Exercise – The stretch wanted below opens at the line containing "filename src/Image.antt" and closes at the line containing "-- src/server/image.h. A". Please return it exactly, with no other lines.

Material for the task –
+---+
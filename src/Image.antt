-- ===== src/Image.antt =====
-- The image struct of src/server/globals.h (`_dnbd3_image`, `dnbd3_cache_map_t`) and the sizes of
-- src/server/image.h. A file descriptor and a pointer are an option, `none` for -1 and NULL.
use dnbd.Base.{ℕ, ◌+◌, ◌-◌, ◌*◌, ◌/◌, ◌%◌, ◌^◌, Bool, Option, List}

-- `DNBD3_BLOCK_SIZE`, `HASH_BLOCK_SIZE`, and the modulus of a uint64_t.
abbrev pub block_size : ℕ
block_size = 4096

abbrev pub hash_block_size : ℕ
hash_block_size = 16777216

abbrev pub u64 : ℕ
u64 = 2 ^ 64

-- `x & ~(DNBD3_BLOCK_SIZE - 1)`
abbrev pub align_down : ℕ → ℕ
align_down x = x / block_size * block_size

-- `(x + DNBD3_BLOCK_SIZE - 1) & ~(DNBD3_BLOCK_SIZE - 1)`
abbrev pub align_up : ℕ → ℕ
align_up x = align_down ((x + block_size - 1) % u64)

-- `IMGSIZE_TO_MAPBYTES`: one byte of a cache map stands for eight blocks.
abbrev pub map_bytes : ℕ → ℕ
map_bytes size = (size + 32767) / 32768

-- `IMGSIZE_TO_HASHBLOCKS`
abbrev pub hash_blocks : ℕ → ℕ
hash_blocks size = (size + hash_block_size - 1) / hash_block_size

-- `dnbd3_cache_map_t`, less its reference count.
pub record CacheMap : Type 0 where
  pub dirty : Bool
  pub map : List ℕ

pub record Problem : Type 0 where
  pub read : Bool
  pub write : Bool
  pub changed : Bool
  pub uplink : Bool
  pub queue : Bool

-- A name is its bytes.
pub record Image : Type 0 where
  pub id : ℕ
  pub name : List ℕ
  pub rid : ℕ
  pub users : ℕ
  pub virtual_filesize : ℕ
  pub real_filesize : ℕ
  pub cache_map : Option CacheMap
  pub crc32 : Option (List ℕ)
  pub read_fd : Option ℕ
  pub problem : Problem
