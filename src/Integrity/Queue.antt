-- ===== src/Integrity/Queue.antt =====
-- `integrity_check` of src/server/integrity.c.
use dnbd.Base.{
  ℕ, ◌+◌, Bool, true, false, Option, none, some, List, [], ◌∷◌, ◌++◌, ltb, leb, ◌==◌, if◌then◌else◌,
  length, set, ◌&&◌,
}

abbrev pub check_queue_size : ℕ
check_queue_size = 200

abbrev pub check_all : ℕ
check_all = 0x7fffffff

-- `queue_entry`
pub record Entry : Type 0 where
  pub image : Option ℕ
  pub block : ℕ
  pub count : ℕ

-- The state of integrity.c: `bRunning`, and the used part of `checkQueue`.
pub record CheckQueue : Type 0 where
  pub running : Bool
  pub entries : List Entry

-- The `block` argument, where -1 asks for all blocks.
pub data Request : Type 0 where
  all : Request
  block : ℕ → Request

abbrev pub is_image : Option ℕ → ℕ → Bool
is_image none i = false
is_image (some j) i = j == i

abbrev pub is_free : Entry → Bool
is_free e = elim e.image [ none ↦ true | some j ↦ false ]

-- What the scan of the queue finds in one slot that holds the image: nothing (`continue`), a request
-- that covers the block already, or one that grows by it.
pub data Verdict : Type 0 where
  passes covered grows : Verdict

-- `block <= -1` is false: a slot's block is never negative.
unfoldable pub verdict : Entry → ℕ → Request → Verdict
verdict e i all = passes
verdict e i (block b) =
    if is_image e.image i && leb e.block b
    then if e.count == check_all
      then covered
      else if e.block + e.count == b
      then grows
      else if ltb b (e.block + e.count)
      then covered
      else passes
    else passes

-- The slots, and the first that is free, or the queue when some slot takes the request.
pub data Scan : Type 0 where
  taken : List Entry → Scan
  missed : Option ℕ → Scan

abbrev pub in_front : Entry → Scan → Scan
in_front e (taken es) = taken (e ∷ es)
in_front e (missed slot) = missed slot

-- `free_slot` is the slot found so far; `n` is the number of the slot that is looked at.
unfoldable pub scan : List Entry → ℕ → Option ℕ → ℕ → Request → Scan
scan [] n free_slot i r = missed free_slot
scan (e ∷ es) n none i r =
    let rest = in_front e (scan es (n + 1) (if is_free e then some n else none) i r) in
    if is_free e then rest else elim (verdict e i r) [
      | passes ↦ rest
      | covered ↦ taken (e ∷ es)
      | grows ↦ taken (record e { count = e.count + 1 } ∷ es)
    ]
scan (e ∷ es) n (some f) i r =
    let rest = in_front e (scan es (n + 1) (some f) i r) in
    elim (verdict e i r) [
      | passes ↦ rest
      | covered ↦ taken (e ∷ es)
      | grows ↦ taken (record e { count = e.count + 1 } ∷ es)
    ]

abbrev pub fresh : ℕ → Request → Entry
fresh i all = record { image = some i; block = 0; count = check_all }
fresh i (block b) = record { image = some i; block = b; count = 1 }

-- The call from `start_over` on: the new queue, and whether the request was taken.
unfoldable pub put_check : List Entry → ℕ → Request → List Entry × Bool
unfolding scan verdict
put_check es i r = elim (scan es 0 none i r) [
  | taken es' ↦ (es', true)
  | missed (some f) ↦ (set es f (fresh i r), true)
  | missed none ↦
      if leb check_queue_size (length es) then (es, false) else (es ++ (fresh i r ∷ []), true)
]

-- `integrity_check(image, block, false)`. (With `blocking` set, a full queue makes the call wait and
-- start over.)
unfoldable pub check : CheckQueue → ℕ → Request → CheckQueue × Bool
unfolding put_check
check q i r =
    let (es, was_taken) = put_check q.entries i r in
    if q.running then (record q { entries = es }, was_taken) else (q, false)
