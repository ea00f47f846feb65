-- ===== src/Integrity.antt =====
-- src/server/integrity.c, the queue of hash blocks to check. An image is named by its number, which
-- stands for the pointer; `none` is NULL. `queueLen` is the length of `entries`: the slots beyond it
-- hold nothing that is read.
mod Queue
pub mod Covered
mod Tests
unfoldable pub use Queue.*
+---+
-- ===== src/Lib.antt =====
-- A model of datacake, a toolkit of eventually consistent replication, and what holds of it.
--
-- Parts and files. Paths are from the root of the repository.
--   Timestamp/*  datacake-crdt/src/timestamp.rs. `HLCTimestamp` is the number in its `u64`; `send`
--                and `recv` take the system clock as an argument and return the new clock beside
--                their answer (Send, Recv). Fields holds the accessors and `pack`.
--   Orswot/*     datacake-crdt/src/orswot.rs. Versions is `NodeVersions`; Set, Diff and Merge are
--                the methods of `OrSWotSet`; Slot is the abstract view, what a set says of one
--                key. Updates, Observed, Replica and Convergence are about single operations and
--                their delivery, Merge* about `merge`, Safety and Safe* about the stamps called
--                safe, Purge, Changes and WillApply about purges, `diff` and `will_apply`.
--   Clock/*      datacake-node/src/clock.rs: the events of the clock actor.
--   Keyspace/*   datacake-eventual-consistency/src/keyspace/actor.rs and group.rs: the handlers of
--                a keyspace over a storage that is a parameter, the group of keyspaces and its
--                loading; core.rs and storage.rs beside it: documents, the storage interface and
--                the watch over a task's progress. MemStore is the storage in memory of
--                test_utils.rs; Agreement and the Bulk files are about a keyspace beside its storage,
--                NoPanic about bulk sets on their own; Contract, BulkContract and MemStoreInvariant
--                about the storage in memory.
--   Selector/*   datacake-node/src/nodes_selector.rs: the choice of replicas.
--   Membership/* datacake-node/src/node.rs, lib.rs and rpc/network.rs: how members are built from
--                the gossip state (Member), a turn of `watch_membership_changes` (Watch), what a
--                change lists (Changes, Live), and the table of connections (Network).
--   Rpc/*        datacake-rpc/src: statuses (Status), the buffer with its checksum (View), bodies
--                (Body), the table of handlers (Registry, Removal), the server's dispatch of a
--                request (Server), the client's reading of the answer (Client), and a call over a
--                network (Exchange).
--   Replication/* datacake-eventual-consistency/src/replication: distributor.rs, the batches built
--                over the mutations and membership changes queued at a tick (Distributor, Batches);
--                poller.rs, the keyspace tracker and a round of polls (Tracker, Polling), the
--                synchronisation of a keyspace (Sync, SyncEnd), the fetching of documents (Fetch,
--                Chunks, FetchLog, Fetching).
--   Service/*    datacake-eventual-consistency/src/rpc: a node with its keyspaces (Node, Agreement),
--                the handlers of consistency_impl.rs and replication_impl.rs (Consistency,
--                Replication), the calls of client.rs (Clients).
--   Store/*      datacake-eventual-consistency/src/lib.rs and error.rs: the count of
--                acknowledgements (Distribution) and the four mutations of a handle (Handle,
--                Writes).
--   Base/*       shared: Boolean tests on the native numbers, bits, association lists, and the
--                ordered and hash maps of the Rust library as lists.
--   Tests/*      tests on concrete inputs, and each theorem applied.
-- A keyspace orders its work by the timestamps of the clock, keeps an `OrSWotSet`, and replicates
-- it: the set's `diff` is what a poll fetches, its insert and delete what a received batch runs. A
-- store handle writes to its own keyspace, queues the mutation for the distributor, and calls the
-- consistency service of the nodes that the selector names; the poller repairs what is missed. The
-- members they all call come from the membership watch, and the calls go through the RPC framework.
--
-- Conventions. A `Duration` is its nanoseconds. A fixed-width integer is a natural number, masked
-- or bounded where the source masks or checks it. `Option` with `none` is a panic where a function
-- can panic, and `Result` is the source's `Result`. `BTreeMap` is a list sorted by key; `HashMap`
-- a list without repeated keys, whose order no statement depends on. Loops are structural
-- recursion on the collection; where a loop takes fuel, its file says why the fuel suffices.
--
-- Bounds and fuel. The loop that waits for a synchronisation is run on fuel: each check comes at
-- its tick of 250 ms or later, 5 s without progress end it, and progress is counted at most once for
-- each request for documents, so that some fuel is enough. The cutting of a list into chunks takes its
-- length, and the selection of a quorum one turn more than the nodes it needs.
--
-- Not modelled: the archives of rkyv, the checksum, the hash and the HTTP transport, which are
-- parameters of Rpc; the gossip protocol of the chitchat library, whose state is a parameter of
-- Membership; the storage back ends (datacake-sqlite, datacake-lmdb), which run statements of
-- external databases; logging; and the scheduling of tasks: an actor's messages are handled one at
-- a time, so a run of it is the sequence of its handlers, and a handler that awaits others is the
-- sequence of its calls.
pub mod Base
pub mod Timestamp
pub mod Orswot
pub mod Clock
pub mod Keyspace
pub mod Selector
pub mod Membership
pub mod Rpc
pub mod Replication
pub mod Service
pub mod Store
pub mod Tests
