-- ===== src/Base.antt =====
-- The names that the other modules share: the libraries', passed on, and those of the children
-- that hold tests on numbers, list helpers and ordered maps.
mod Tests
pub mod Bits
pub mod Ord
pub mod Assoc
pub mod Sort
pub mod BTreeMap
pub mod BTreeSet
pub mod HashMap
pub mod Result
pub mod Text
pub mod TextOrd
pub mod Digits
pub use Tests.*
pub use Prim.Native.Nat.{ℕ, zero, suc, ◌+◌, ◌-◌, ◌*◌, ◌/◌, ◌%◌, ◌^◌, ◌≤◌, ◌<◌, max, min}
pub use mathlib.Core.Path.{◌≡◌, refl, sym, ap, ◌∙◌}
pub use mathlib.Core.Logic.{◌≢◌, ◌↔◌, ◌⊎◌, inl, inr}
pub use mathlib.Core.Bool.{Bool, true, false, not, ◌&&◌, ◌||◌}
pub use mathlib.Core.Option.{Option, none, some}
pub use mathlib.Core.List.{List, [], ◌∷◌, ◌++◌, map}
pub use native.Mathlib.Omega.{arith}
+---+
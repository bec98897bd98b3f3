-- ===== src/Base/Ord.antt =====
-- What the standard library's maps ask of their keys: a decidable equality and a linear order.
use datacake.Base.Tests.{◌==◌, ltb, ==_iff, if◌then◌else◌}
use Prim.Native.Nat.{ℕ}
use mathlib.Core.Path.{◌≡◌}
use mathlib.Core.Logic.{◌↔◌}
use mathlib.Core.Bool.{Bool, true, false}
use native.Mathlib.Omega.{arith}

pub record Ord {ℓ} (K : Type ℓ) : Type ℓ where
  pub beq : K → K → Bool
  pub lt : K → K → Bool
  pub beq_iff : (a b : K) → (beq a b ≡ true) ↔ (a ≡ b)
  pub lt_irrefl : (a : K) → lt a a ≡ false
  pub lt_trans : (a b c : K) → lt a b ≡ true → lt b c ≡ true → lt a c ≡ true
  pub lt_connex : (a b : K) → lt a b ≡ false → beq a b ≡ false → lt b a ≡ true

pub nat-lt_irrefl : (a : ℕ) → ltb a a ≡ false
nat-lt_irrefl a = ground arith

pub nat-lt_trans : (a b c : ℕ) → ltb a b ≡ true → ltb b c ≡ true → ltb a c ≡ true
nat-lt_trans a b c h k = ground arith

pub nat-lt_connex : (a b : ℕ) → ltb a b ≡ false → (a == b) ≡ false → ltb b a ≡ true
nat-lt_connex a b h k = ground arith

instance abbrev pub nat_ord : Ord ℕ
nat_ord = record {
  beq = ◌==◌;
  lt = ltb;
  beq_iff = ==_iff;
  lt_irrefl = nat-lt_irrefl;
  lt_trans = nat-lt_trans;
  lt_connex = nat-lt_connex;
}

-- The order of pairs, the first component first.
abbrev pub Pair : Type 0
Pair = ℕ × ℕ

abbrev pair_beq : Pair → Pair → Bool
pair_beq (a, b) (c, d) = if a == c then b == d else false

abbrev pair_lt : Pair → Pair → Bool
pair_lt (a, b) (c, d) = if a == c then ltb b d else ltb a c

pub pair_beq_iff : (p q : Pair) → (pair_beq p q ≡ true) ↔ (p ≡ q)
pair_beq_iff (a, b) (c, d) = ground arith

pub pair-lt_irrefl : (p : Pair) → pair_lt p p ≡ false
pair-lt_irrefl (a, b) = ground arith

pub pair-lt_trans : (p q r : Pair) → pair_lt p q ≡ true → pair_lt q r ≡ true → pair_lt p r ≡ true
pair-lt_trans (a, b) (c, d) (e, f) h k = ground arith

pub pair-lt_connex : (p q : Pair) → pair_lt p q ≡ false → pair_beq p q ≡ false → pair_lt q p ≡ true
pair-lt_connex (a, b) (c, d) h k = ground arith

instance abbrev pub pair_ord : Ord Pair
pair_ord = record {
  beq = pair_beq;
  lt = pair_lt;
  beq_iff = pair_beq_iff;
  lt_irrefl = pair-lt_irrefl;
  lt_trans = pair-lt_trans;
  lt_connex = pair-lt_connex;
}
+---+
Result for this task –
filename src/Image.antt
-- ===== src/Image.antt =====
-- The image struct of src/server/globals.h (`_dnbd3_image`, `dnbd3_cache_map_t`) and the sizes of
-- src/server/image.h. A file descriptor and a pointer are an option, `none` for -1 and NULL.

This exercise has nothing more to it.